During the training process, the second term can be computed asymptotically by Gibbs sampling. Detail will be covered in the next subsection.


Learning process

Synthesizing all the results from earlier subsections, we arrive at the learning process of a RBM.

Repeat the following until convergence of parameters for the training data.

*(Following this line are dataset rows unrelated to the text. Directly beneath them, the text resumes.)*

-- ===== src/Block/Objects.antt =====
-- The objects of src/linux_subsystem/block/block.c as a whole: their end, and the snapshots.
use kobox.Prelude.{Bool, Option, ℕ}
use kobox.Block.State.{Block, DiskState, disk_state_for}
use kobox.Block.Queue.{queue_state_remove}
use kobox.Block.Disk.{disk_state_remove}
use kobox.Block.Tagset.{Tagset, Tagsets, tagset_state_find, tagset_state_for, tagset_state_remove}

-- What calloc returns.
unfoldable pub block_device_alloc : ℕ → ℕ
block_device_alloc device = device

unfoldable pub object_free : ℕ → Block → Block
object_free object b = queue_state_remove object (disk_state_remove object b)

-- The fields of kb_block_disk_snapshot_t are those of the state with the same names; `none` is
-- -EINVAL.
unfoldable pub disk_snapshot : ℕ → Block → Option DiskState
unfolding disk_state_for
disk_snapshot disk b = disk_state_for b disk

pub tagset_free : ℕ → Tagsets → Tagsets
tagset_free tag_set ts = tagset_state_remove tag_set ts

pub tagset_snapshot : ℕ → Tagsets → Option Tagset
tagset_snapshot tag_set ts = tagset_state_find ts tag_set

-- The address of the state's array stands for the state.
pub tagset_array : Bool → ℕ → Tagsets → Option Tagset × Tagsets
tagset_array got_node tag_set ts = tagset_state_for got_node tag_set ts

  1. Take a sample $\mathbf x$ from the training data. Compute $\hat p_{\mathbf H|\mathbf X}(h_j|\mathbf x)$ using the equation $\eqref{3}$.
  2. Compute the gradient.
    1. Compute positive gradient: $\mathbf x \mathbf h^\intercal$.
    2. Apply Gibbs sampling:
      1. Sample $\tilde {\mathbf x}$ from $\mathbf h.$
      2. Sample $\tilde {\mathbf h}$ from $\tilde{\mathbf x}.$
    3. Compute negative gradient: $\tilde{\mathbf{x}} \tilde{\mathbf{h}}^\intercal$
  3. Update parameters.
    1. $\Delta \mathbf W = \mathbf x \mathbf h^\intercal - \tilde{\mathbf{x}} \tilde{\mathbf{h}}^\intercal$
    2. $\Delta\mathbf a = \mathbf x - \tilde{\mathbf x}$
    3. $\Delta\mathbf b = \mathbf h - \tilde{\mathbf h}$


Relation of RBM to neural nets

One might notice that the RBM closely resembles the structure of a neural net. In fact, the forward feeding of a RBM can be viewed as a forward propagation of a stochastic neural net with sigmoid function $\sigma$ as its activation function that only have binary outputs. That is, recall the equation

\[\hat p_{\mathbf H|\mathbf X}(h_j=1|\mathbf x) = \sigma \left( \sum_{i} w_{ij}x_i + b_j \right).\]


References

  • Hopfield. 1982. Neural Networks and Physical Systems with Emergent Collective Computational Abilities. Proceedings of the National Academy of Sciences of the United States of America. 79 (8): 2554-2558.
  • Ackley, Hinton and Sejnowski. 1985. A learning Algorithm for Boltzmann Machines. Cognitive Science. 9 (1): 147-169.
  • Hinton. 2002. Training Products of Experts by Minimizing Contrastive Divergence. Neural Computation. 14 (8): 1771-1800.
  • Choi. 2018. 논문으로 짚어보는 딥러닝의 맥.
  • The 12th KIAS CAC Summer School, Korea Institute for Advanced Study, Republic of Korea (the talk was given by Prof. Junghyo Jo at Seoul National Univerisity).